Corton Charlemagne 2000 – Olivier Leflaive : Le nez est complexe et marqué par des notes de tilleul et de fleur d’acacia. La bouche est florale (fleur d’oranger) et minérale, jeune avec beaucoup de pureté. A  attendre encore un peu.


Gewurztraminer Grand Cru Schlossberg 2000 – Cave de Kaysersberg : le nez est marqué par le coing et beaucoup de fraîcheur. La bouche est légèrement moelleuse, avec des arômes de fruits jaunes. La pureté aromatique et l’acidité font plus penser à un pinot gris qu’à un gewurztraminer.


Gewurztraminer Klingsberg Cuvée Cécile 2002 – Anne-Marie Schmitt : Le nez est fruité et marqué par l’élevage. La bouche est sèche, acidulée avec des arômes d’épices. A garder encore.

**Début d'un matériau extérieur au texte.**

-- ===== src/Validate/Media.antt =====
-- validate/media.go: does a field accept file parts.
use editrig_go.Base.{String, Option, none, some, if◌then◌else◌}
use editrig_go.Map.{lookup}
use editrig_go.Json.{
  Value, Data, Raw, is_absent, unmarshal_object, object_of, as_object, as_string, as_bool, or_nil,
  is_true, is_text,
}

pub data MediaKind : Type 0 where
  media_none media_single media_multi : MediaKind

abbrev pub media_field_key : String
media_field_key = "media"

-- The tests on one uiSchema entry.
unfoldable pub entry_kind : Data → MediaKind
entry_kind entry =
    if is_true (as_bool (lookup "ui:readonly" entry))
    then media_none
    else if is_text (as_string (lookup "ui:field" entry)) media_field_key
    then if is_true (as_bool (lookup "multi" (or_nil (as_object (lookup "ui:options" entry)))))
      then media_multi
      else media_single
    else media_none

unfoldable pub raw_kind : Option Value → MediaKind
raw_kind none = media_none
raw_kind (some raw) = elim (object_of raw) [ none ↦ media_none | some entry ↦ entry_kind entry ]

unfoldable pub media_field_kind : Raw → String → MediaKind
media_field_kind ui_schema field =
    if is_absent ui_schema then media_none else elim (unmarshal_object ui_schema) [
      | none ↦ media_none
      | some entries ↦ raw_kind (lookup field entries)
    ]
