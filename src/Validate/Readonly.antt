-- ===== src/Validate/Readonly.antt =====
-- validate/readonly.go: read-only keys are cut from the payload.
pub mod Strip
use editrig_go.Base.{
  Bool, true, false, not, ◌&&◌, String, Option, none, some, List, [], ◌∷◌, if◌then◌else◌,
}
use editrig_go.Text.{has_prefix}
use editrig_go.Text.Sort.{sort_strings}
use editrig_go.Map.{lookup, delete, has}
use editrig_go.Json.{
  Value, Data, Raw, is_absent, unmarshal_object, object_of, as_bool, or_nil, is_true,
}

abbrev pub ui_key_prefix : String
ui_key_prefix = "ui:"

-- Is `entry` an object that carries "ui:readonly": true.
unfoldable pub is_readonly_entry : Value → Bool
is_readonly_entry raw = elim (object_of raw) [
  | none ↦ false
  | some entry ↦ is_true (as_bool (lookup "ui:readonly" entry))
]

-- The loop of `ReadonlyFields`.
unfoldable pub readonly_keys : Data → List String
readonly_keys [] = []
readonly_keys ((key, raw) ∷ entries) =
    let rest = readonly_keys entries in
    if not (has_prefix key ui_key_prefix) && is_readonly_entry raw then key ∷ rest else rest

unfoldable pub readonly_fields : Raw → List String
readonly_fields ui_schema =
    if is_absent ui_schema
    then []
    else sort_strings (readonly_keys (or_nil (unmarshal_object ui_schema)))

-- The loop of `StripReadonly`: the names that were removed, and the payload that is left.
unfoldable pub strip_keys : List String → Data → List String × Data
strip_keys [] input = ([], input)
strip_keys (f ∷ fs) input = elim (has f input) [
  | true ↦ (let (dropped, left) = strip_keys fs (delete f input) in (f ∷ dropped, left))
  | false ↦ strip_keys fs input
]

unfoldable pub strip_readonly : Raw → Data → List String × Data
strip_readonly ui_schema input = strip_keys (readonly_fields ui_schema) input
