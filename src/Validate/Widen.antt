-- ===== src/Validate/Widen.antt =====
-- `uploadArraySchema` of validate/write.go: the schema of a media array, widened so that pending
-- uploads may stand among its items.
mod Refs
mod Known
mod Ends
pub mod Fuel
use editrig_go.Base.{
  ℕ, zero, suc, Bool, true, false, ◌||◌, Option, none, some, List, [], ◌∷◌, String, mem_text,
}
use editrig_go.Text.{cut_prefix, split, replace_pair}
use editrig_go.Map.{lookup, insert, delete, has}
use editrig_go.Json.{Value, Data, arr, obj, of_members, of_items, as_object, as_array, as_string}

-- A result, an error, or a search that ran out of fuel.
pub data Checked {ℓ} (A : Type ℓ) : Type ℓ where
  ok : A → Checked A
  failed : Checked A
  exhausted : Checked A

infixl 5 ◌>>=◌ ◌>>◌
abbrev pub ◌>>=◌ {ℓ κ} : {A : Type ℓ} {B : Type κ} → Checked A → (A → Checked B) → Checked B
ok a >>= f = f a
failed >>= f = failed
exhausted >>= f = exhausted

abbrev pub ◌>>◌ {ℓ} : {B : Type ℓ} → Checked (Unit {0}) → Checked B → Checked B
m >> k = m >>= λ _. k

abbrev pub refuse_if : Bool → Checked (Unit {0})
refuse_if true = failed
refuse_if false = ok tt

abbrev pub or_failed {ℓ} : {A : Type ℓ} → Option A → Checked A
or_failed none = failed
or_failed (some a) = ok a

module _ {ℓ κ} {A : Type ℓ} {B : Type κ} where
  unfoldable pub map_checked : (A → Checked B) → List A → Checked (List B)
  map_checked f [] = ok []
  map_checked f (x ∷ xs) = do y ← f x; ys ← map_checked f xs; ok (y ∷ ys)

abbrev pub any_of : List String → Data → Bool
any_of [] out = false
any_of (keyword ∷ rest) out = has keyword out || any_of rest out

-- The keywords that a media array schema may not have.
abbrev pub array_keywords : List String
array_keywords =
    "$id" ∷ "$dynamicRef" ∷ "$recursiveRef" ∷ "anyOf" ∷ "oneOf" ∷ "not" ∷ "if" ∷ "then" ∷ "else"
    ∷ "contains" ∷ "prefixItems" ∷ "unevaluatedItems" ∷ "enum" ∷ "const" ∷ []

-- One token of a JSON pointer, decoded.
unfoldable pub decode_token : String → String
decode_token token = replace_pair b'~' b'0' "~" (replace_pair b'~' b'1' "/" token)

-- The walk from the root along the tokens of a local reference.
unfoldable pub resolve : List String → Value → Option Value
resolve [] target = some target
resolve (token ∷ tokens) target = elim (as_object (some target)) [
  | none ↦ none
  | some m ↦ elim (lookup (decode_token token) m) [ none ↦ none | some v ↦ resolve tokens v ]
]

abbrev pub ref_tokens : String → Option (List String)
ref_tokens ref = elim (cut_prefix ref "#/") [ none ↦ none | some path ↦ some (split b'/' path) ]

-- `{"anyOf": [schema, {"enum": markers}]}`.
abbrev pub any_of_markers : List Value → Value → Value
any_of_markers markers schema = obj (
    of_members (
      (
        "anyOf",
        arr (of_items (schema ∷ obj (of_members (("enum", arr (of_items markers)) ∷ [])) ∷ [])),
      )
      ∷ []))

unfoldable pub widen_items : List Value → Data → Checked Data
widen_items markers out = elim (lookup "items" out) [
  | none ↦ ok out
  | some item ↦ elim (as_array (some item)) [
    | none ↦ ok (insert "items" (any_of_markers markers item) out)
    | some tuple ↦ failed
  ]
]

module _ (root : Value) (markers : List Value) where
  -- The fuel bounds the depth of the calls.
  unfoldable pub upload_array_schema : ℕ → List String → Value → Checked Value
  upload_array_schema zero seen node = exhausted
  upload_array_schema (suc fuel) seen node = elim (as_object (some node)) [
    | none ↦ ok node
    | some out ↦ do
      refuse_if (any_of array_keywords out)
      elim (as_string (lookup "$ref" out)) [
        | some ref ↦ do
          refuse_if (mem_text ref seen)
          tokens ← or_failed (ref_tokens ref)
          target ← or_failed (resolve tokens root)
          expanded ← upload_array_schema fuel (ref ∷ seen) target
          rest ← upload_array_schema fuel seen (obj (of_members (delete "$ref" out)))
          ok (obj (of_members (("allOf", arr (of_items (expanded ∷ rest ∷ []))) ∷ [])))
        | none ↦ do
          widened ← widen_items markers out
          elim (as_array (lookup "allOf" widened)) [
            | none ↦ ok (obj (of_members widened))
            | some branches ↦ do
              next ← map_checked (upload_array_schema fuel seen) branches
              ok (obj (of_members (insert "allOf" (arr (of_items next)) widened)))
          ]
      ]
  ]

Gewurztraminer Grand Cru Zinnkoepflé 2000 – Seppi Landmann : Le nez est clairement marqué par des notes de liche et de pain grillé. La bouche est minérale et moelleuse, avec beaucoup de vivacité. Un bel équilibre.


Riesling Grand Cru Zinnkoepflé Sélection de Grains Nobles 1995 – Eric Rominger : dernier vin de la soirée, il faut garder un peu d’attention avant de le boire sans retenue. Le nez est confit, surmaturé avec des notes d’abricot, de miel et de truffe. La bouche est acidulée et liquoreuse, avec des arômes de fruits jaunes confits. L’ensemble a beaucoup de fraîcheur avec une sensation moelleuse persistante.


La soirée se termine, tard dans la nuit comme à l’accoutumée, sur des vins fruités et moelleux. La fatigue est tant dans la tête que dans les papilles, mais le tour l’horizon des grands vins français est – une fois de plus – remarquable. Merci à Bernard et Patricia pour cette magnifique soirée.